Signed-off-by: Eric Dumazet <dada1@cosmosbay.com>
---
Documentation/RCU/rculist_nulls.txt | 167 ++++++++++++++++++++++++++
1 files changed, 167 insertions(+)
[-- Attachment #2: rculist_nulls_doc.patch --]
[-- Type: text/plain, Size: 5489 bytes --]
diff --git a/Documentation/RCU/rculist_nulls.txt b/Documentation/RCU/rculist_nulls.txt
new file mode 100644
index 0000000..5db5549
--- /dev/null
+++ b/Documentation/RCU/rculist_nulls.txt
@@ -0,0 +1,167 @@
+Using hlist_nulls to protect read-mostly linked lists and
+objects using SLAB_DESTROY_BY_RCU allocations.
+
+Please read the basics in Documentation/RCU/listRCU.txt
+
+Using special makers (called 'nulls') is a convenient way
+to solve following problem :
+
+A typical RCU linked list managing objects which are
+allocated with SLAB_DESTROY_BY_RCU kmem_cache can
+use following algos :
+
+1) Lookup algo
+--------------
+rcu_read_lock()
+begin:
+obj = lockless_lookup(key);
+if (obj) {
+ if (!try_get_ref(obj)) // might fail for free objects
+ goto begin;
+ /*
+ * Because a writer could delete object, and a writer could
+ * reuse these object before the RCU grace period, we
+ * must check key after geting the reference on object
+ */
+ if (obj->key != key) { // not the object we expected
+ put_ref(obj);
+ goto begin;
+ }
+}
+rcu_read_unlock();
+
+Beware that lockless_lookup(key) cannot use traditional hlist_for_each_entry_rcu()

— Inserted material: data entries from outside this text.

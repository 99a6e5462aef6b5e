-- ===== src/Gossip/Manager/Seeds.antt =====
-- The peer table that a node starts with.
use rust_high_throughput_sta.Common.{
  String, ◌≡◌, refl, not, ◌&&◌, Option, some, List, [], ◌∷◌, arith, eq_iff, contains, ◌==◌,
  if◌then◌else◌,
}
use rust_high_throughput_sta.Config.{Config}
use rust_high_throughput_sta.State.Store.{StateStore}
use rust_high_throughput_sta.Gossip.Peer
use rust_high_throughput_sta.Gossip.Peer.{PeerInfo, Instant}
use rust_high_throughput_sta.Gossip.PeerMap.{DashMap, or_default}
use rust_high_throughput_sta.Gossip.Manager
use rust_high_throughput_sta.Gossip.Manager.{GossipManager, register_seeds}

module _ {M : Type 0} (dash : DashMap M PeerInfo) where
  -- A peer that is a seed by a name that is not empty is there, as it was or new.
  abbrev pub seeded : Instant → List String → String → Option PeerInfo → Option PeerInfo
  seeded now seeds k o =
      if not (k == "") && contains seeds k then some (or_default (Peer.new now k) o) else o

  get-register_seeds :
      (now : Instant) (seeds : List String) (k : String) (peers : M)
      → dash.get k (register_seeds dash now seeds peers) ≡ seeded now seeds k (dash.get k peers)
  unfolding register_seeds
  get-register_seeds now [] k peers = ground arith
  get-register_seeds now (addr ∷ seeds) k peers = ground (
    arith,
    eq_iff addr k,
    eq_iff addr "",
    eq_iff k "",
    dash.get-entry addr k (Peer.new now addr) (λ p. p) peers,
    get-register_seeds now seeds k peers,
    get-register_seeds now seeds k (dash.entry addr (Peer.new now addr) (λ p. p) peers),
  )

  -- A new manager's table has every seed whose address is not empty, under its address: as it was
  -- if it was there, otherwise as a new peer. No other peer changes, and the store is the given one.
  pub new-registers_seeds :
      (now : Instant) (config : Config) (store : StateStore) (peers : M) (k : String)
      → (dash.get k (Manager.new dash now config store peers).peers ≡ (
          if not (k == "") && contains config.seed_peers k
          then some (or_default (Peer.new now k) (dash.get k peers))
          else dash.get k peers))
        × ((Manager.new dash now config store peers).store ≡ store)
  unfolding Manager.new
  new-registers_seeds now config store peers k =
      (get-register_seeds now config.seed_peers k peers, refl)
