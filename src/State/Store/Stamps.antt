-- ===== src/State/Store/Stamps.antt =====
-- The greatest stamp of a store, as the store grows and as its entries are sent.
use mathlib.Core.Path.{subst}
use native.Mathlib.Nat.{le_refl}
use rust_high_throughput_sta.Common.{ℕ, ◌≤◌, ◌≡◌, refl, Option, none, some, arith, ltb}
use rust_high_throughput_sta.HashMap.Laws.{IsDistinct, All-filter_values}
use rust_high_throughput_sta.State.Crdt.{LwwValue}
use rust_high_throughput_sta.State.Crdt.Order.{stamp_le}
use rust_high_throughput_sta.State.Store.{
  StateStore, lookup, max_timestamp, max_of, timestamps, delta_since, unwrap_or,
}
use rust_high_throughput_sta.State.Store.Covers.{Covers, Precedes}
use rust_high_throughput_sta.State.Store.Reads.{
  max_timestamp-le_iff, max_of-timestamps, max_of_least, timestamps-All,
}
use rust_high_throughput_sta.State.Store.Effect.{Extends}

covered_stamp :
    (o : Option LwwValue) (v : LwwValue) (b : ℕ)
    → ((w : LwwValue) → o ≡ some w → w.timestamp ≤ b)
    → Covers o v
    → v.timestamp ≤ b
unfolding stamp_le
covered_stamp none v b h c = absurd c
covered_stamp (some w) v b h c = ground (arith, h w refl)

-- The greatest stamp of a store never falls.
pub max_timestamp_mono :
    (s t : StateStore) → IsDistinct s.state → Extends s t → max_timestamp s ≤ max_timestamp t
max_timestamp_mono s t d e = (max_timestamp-le_iff s (max_timestamp t) d).1 λ k v held.
    covered_stamp (lookup k t) v (max_timestamp t)
      ((max_timestamp-le_iff t (max_timestamp t) (e.distinct d)).0 (le_refl _) k)
      (subst (λ o. Precedes o (lookup k t)) held (e.precedes k))

pub delta_since-le-max_timestamp :
    (since : ℕ) (s : StateStore)
    → unwrap_or 0 (max_of (timestamps (delta_since since s))) ≤ max_timestamp s
unfolding delta_since max_timestamp
delta_since-le-max_timestamp since s =
    max_of_least (max_timestamp s) (timestamps (delta_since since s)) (
      timestamps-All (λ t. t ≤ max_timestamp s) (delta_since since s)
        (All-filter_values (λ e. e.1.timestamp ≤ max_timestamp s) (λ v. ltb since v.timestamp)
          s.state (max_of-timestamps s.state)))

+but a version with an additional memory barrier (smp_rmb())
+
+lockless_lookup(key)
+{
+ struct hlist_node *node, *next;
+ for (pos = rcu_dereference((head)->first);
+ pos && ({ next = pos->next; smp_rmb(); prefetch(next); 1; }) &&
+ ({ tpos = hlist_entry(pos, typeof(*tpos), member); 1; });
+ pos = rcu_dereference(next))
+ if (obj->key == key)
+ return obj;
+ return NULL;
+
+And note the traditional hlist_for_each_entry_rcu() misses this smp_rmb() :
+
+ struct hlist_node *node;
+ for (pos = rcu_dereference((head)->first);
+ pos && ({ prefetch(pos->next); 1; }) &&
+ ({ tpos = hlist_entry(pos, typeof(*tpos), member); 1; });
+ pos = rcu_dereference(pos->next))
+ if (obj->key == key)
+ return obj;
+ return NULL;
+}
+
+Quoting Corey Minyard :
+
+"If the object is moved from one list to another list in-between the
+ time the hash is calculated and the next field is accessed, and the
+ object has moved to the end of a new list, the traversal will not
+ complete properly on the list it should have, since the object will
+ be on the end of the new list and there's not a way to tell it's on a
+ new list and restart the list traversal. I think that this can be
+ solved by pre-fetching the "next" field (with proper barriers) before
+ checking the key."
+
+2) Insert algo :
+----------------
+
+We need to make sure a reader cannot read the new 'obj->obj_next' value
+and previous value of 'obj->key'. Or else, an item could be deleted
+from a chain, and inserted into another chain. If new chain was empty
+before the move, 'next' pointer is NULL, and lockless reader can
+not detect it missed following items in original chain.
+
+/*
+ * Please note that new inserts are done at the head of list,
+ * not in the middle or end.
+ */
+obj = kmem_cache_alloc(...);
+lock_chain(); // typically a spin_lock()
+obj->key = key;
+atomic_inc(&obj->refcnt);
+/*
+ * we need to make sure obj->key is updated before obj->next
+ */
+smp_wmb();
+hlist_add_head_rcu(&obj->obj_node, list);
+unlock_chain(); // typically a spin_unlock()
+
+
+3) Remove algo
+--------------
+Nothing special here, we can use a standard RCU hlist deletion.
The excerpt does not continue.